What to work on
Examine each line of the data. Copy the line if it includes the word "stays".

----------

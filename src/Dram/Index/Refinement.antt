-- ===== src/Dram/Index/Refinement.antt =====
-- internal/store/dram/index.go: over any sequence of calls the sharded index is a map that keeps the first
-- block published under a key.
use kvstash.Prelude.{
  ℕ, ◌+◌, ◌-◌, ◌<◌, ◌≡◌, ◌∙◌, refl, sym, ap, subst, fun_ext, inl, inr, Bool-cases, Option-cases,
  Option, none, some, List, [], ◌∷◌, All, ◌==◌, if◌then◌else◌, arith,
}
use kvstash.Assoc.{find, erase, put, find-put}
use kvstash.Assoc.Unique.{find-erase}
use kvstash.Shards.{
  set_shard, insert-IsCounted, replace-IsCounted, erase-IsCounted, find-set_shard, find-same,
}
use kvstash.Protocol.Ops.{status_ok}
use kvstash.Dram.BlockRef.{BlockRef}
use kvstash.Dram.Index.{
  Index, index_shards, set_shard, index_get, index_put, removed, index_delete, delete_if,
  with_shard_lock,
}
use kvstash.Dram.Index.Calls.{
  ref_len, Call, publish, withdraw, withdraw_if, rewrite_block, KeepsLen, after, key, run_map, call,
  run, IsIndexed, stepped,
}

module _ (shard_of : ℕ → ℕ) (in_range : (k : ℕ) → shard_of k < index_shards) where
  -- The index after a call is sound, and is the map after it.
  record Follows (idx : Index BlockRef) (c : Call) (next : Index BlockRef) : Type 0 where
    sound : IsIndexed next
    lookup : (j : ℕ) → index_get shard_of next j ≡ stepped c (index_get shard_of idx) j

  stays :
      (idx : Index BlockRef) (c : Call) (o : Option BlockRef)
      → IsIndexed idx
      → index_get shard_of idx (key c) ≡ o
      → after c o ≡ o
      → Follows idx c idx
  unfolding index_get
  stays idx c o h e a = record {
    sound = h;
    lookup = λ j.
        find-same shard_of idx.shards j (key c) (after c (index_get shard_of idx (key c)))
          (e ∙ sym a ∙ ap (after c) (sym e));
  }

  -- One shard changes, under the key of the call.
  changes :
      (idx : Index BlockRef) (c : Call) (blocks' bytes' : ℕ) (m' : List (ℕ × BlockRef))
      (o : Option BlockRef)
      → index_get shard_of idx (key c) ≡ o
      → IsIndexed (record {
        shards = set_shard idx.shards (shard_of (key c)) m';
        blocks = blocks';
        bytes = bytes';
      })
      → ((i : ℕ)
          → find i m' ≡ (if i == key c then after c o else find i (idx.shards (shard_of (key c)))))
      → Follows idx c (record {
        shards = set_shard idx.shards (shard_of (key c)) m';
        blocks = blocks';
        bytes = bytes';
      })
  unfolding index_get
  changes idx c blocks' bytes' m' o e h l = record {
    sound = h;
    lookup = λ j.
        find-set_shard shard_of idx.shards j (key c) m' (after c (index_get shard_of idx (key c)))
          (λ i.
            l i
            ∙ ap (λ x. if i == key c then after c x else find i (idx.shards (shard_of (key c))))
                (sym e));
  }

  -- A published block is withdrawn.
  erased :
      (idx : Index BlockRef) (c : Call) (r : BlockRef)
      → IsIndexed idx
      → index_get shard_of idx (key c) ≡ some r
      → after c (some r) ≡ none
      → Follows idx c (removed ref_len shard_of idx (key c) r)
  unfolding index_get
  erased idx c r h f a =
      let k = key c in
      let m = idx.shards (shard_of k) in
      changes idx c (idx.blocks - 1) (idx.bytes - r.len) (erase k m) (some r) f
        (erase-IsCounted ref_len index_shards shard_of in_range idx.shards idx.blocks idx.bytes k h
          r f)
        (λ i.
          find-erase i k m (h.unique (shard_of k))
          ∙ ap (λ x. if i == k then x else find i m) (sym a))

  publish-Follows :
      (idx : Index BlockRef) (k : ℕ) (r : BlockRef)
      → IsIndexed idx
      → Follows idx (publish k r) (call shard_of idx (publish k r))
  unfolding call index_put index_get key after
  publish-Follows idx k r h =
      let m = idx.shards (shard_of k) in
      elim (Option-cases (find k m)) [
        | inl f ↦
            let e : record {
              shards = set_shard idx.shards (shard_of k) (put k r m);
              blocks = idx.blocks + 1;
              bytes = idx.bytes + r.len;
            }
                ≡ call shard_of idx (publish k r) =
              rw (call, index_put, f) refl in
            subst (Follows idx (publish k r)) e (
              changes idx (publish k r) (idx.blocks + 1) (idx.bytes + r.len) (put k r m) none f
                (insert-IsCounted ref_len index_shards shard_of in_range idx.shards idx.blocks
                  idx.bytes k h r f)
                (λ i. find-put i k r m))
        | inr (cur, f) ↦
            let e : idx ≡ call shard_of idx (publish k r) = rw (call, index_put, f) refl in
            subst (Follows idx (publish k r)) e (stays idx (publish k r) (some cur) h f refl)
      ]

  withdraw-Follows :
      (idx : Index BlockRef) (k : ℕ)
      → IsIndexed idx
      → Follows idx (withdraw k) (call shard_of idx (withdraw k))
  unfolding call index_delete index_get key after
  withdraw-Follows idx k h = elim (Option-cases (find k (idx.shards (shard_of k)))) [
    | inl f ↦
        let e : idx ≡ call shard_of idx (withdraw k) = rw (call, index_delete, f) refl in
        subst (Follows idx (withdraw k)) e (stays idx (withdraw k) none h f refl)
    | inr (r, f) ↦
        let e : removed ref_len shard_of idx k r ≡ call shard_of idx (withdraw k) =
          rw (call, index_delete, f) refl in
        subst (Follows idx (withdraw k)) e (erased idx (withdraw k) r h f refl)
  ]

  withdraw_if-Follows :
      (idx : Index BlockRef) (k : ℕ) (gate : BlockRef → ℕ)
      → IsIndexed idx
      → Follows idx (withdraw_if k gate) (call shard_of idx (withdraw_if k gate))
  unfolding call delete_if index_get key after
  withdraw_if-Follows idx k gate h = elim (Option-cases (find k (idx.shards (shard_of k)))) [
    | inl f ↦
        let e : idx ≡ call shard_of idx (withdraw_if k gate) = rw (call, delete_if, f) refl in
        subst (Follows idx (withdraw_if k gate)) e (stays idx (withdraw_if k gate) none h f refl)
    | inr (r, f) ↦ elim (Bool-cases (gate r == status_ok)) [
      | inl g ↦
          let e : removed ref_len shard_of idx k r ≡ call shard_of idx (withdraw_if k gate) =
            rw (call, delete_if, f, g) refl in
          subst (Follows idx (withdraw_if k gate)) e
            (erased idx (withdraw_if k gate) r h f (rw g refl))
      | inr g ↦
          let e : idx ≡ call shard_of idx (withdraw_if k gate) = rw (call, delete_if, f, g) refl in
          subst (Follows idx (withdraw_if k gate)) e
            (stays idx (withdraw_if k gate) (some r) h f (rw g refl))
    ]
  ]

  rewrite-Follows :
      (idx : Index BlockRef) (k : ℕ) (fn : BlockRef → BlockRef)
      → IsIndexed idx
      → ((r : BlockRef) → (fn r).len ≡ r.len)
      → Follows idx (rewrite_block k fn) (call shard_of idx (rewrite_block k fn))
  unfolding call with_shard_lock index_get key after
  rewrite-Follows idx k fn h same_len =
      let m = idx.shards (shard_of k) in
      elim (Option-cases (find k m)) [
        | inl f ↦
            let e : idx ≡ call shard_of idx (rewrite_block k fn) =
              rw (call, with_shard_lock, f) refl in
            subst (Follows idx (rewrite_block k fn)) e
              (stays idx (rewrite_block k fn) none h f refl)
        | inr (r, f) ↦
            let e : record {
              shards = set_shard idx.shards (shard_of k) (put k (fn r) m);
              blocks = idx.blocks;
              bytes = idx.bytes;
            }
                ≡ call shard_of idx (rewrite_block k fn) =
              rw (call, with_shard_lock, f) refl in
            subst (Follows idx (rewrite_block k fn)) e (
              changes idx (rewrite_block k fn) idx.blocks idx.bytes (put k (fn r) m) (some r) f
                (replace-IsCounted ref_len index_shards shard_of in_range idx.shards idx.blocks
                  idx.bytes k h (fn r) r idx.bytes f (omega (arith, same_len r)))
                (λ i. find-put i k (fn r) m))
      ]

  call-Follows :
      (idx : Index BlockRef) (c : Call)
      → KeepsLen c
      → IsIndexed idx
      → Follows idx c (call shard_of idx c)
  unfolding KeepsLen
  call-Follows idx (publish k r) l h = publish-Follows idx k r h
  call-Follows idx (withdraw k) l h = withdraw-Follows idx k h
  call-Follows idx (withdraw_if k gate) l h = withdraw_if-Follows idx k gate h
  call-Follows idx (rewrite_block k fn) l h = rewrite-Follows idx k fn h l

  -- On a sound index, whatever hash picks the shards, and for any sequence of publishing, withdrawing, gated
  -- withdrawing and rewriting under a shard's lock in which no rewriting changes a length: the lookups are those
  -- of one map through the same calls, in which a published block stays until it is withdrawn, so writes are
  -- once; no key stands twice, and the counters are the number and the bytes of the blocks in the shards.
  pub run-run_map :
      (cs : List Call) (idx : Index BlockRef)
      → All KeepsLen cs
      → IsIndexed idx
      → IsIndexed (run shard_of cs idx)
        × (index_get shard_of (run shard_of cs idx) ≡ run_map cs (index_get shard_of idx))
  unfolding run run_map
  run-run_map [] idx l h = (h, refl)
  run-run_map (c ∷ cs) idx l h =
      let s = call-Follows idx c l.0 h in
      let rest = run-run_map cs (call shard_of idx c) l.1 s.sound in
      (rest.0, rest.1 ∙ ap (run_map cs) (fun_ext s.lookup))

----------

Your response
  stays :
  stays idx c o h e a = record {
            subst (Follows idx (publish k r)) e (stays idx (publish k r) (some cur) h f refl)
        subst (Follows idx (withdraw k)) e (stays idx (withdraw k) none h f refl)
        subst (Follows idx (withdraw_if k gate)) e (stays idx (withdraw_if k gate) none h f refl)
            (stays idx (withdraw_if k gate) (some r) h f (rw g refl))
              (stays idx (rewrite_block k fn) none h f refl)
  -- of one map through the same calls, in which a published block stays until it is withdrawn, so writes are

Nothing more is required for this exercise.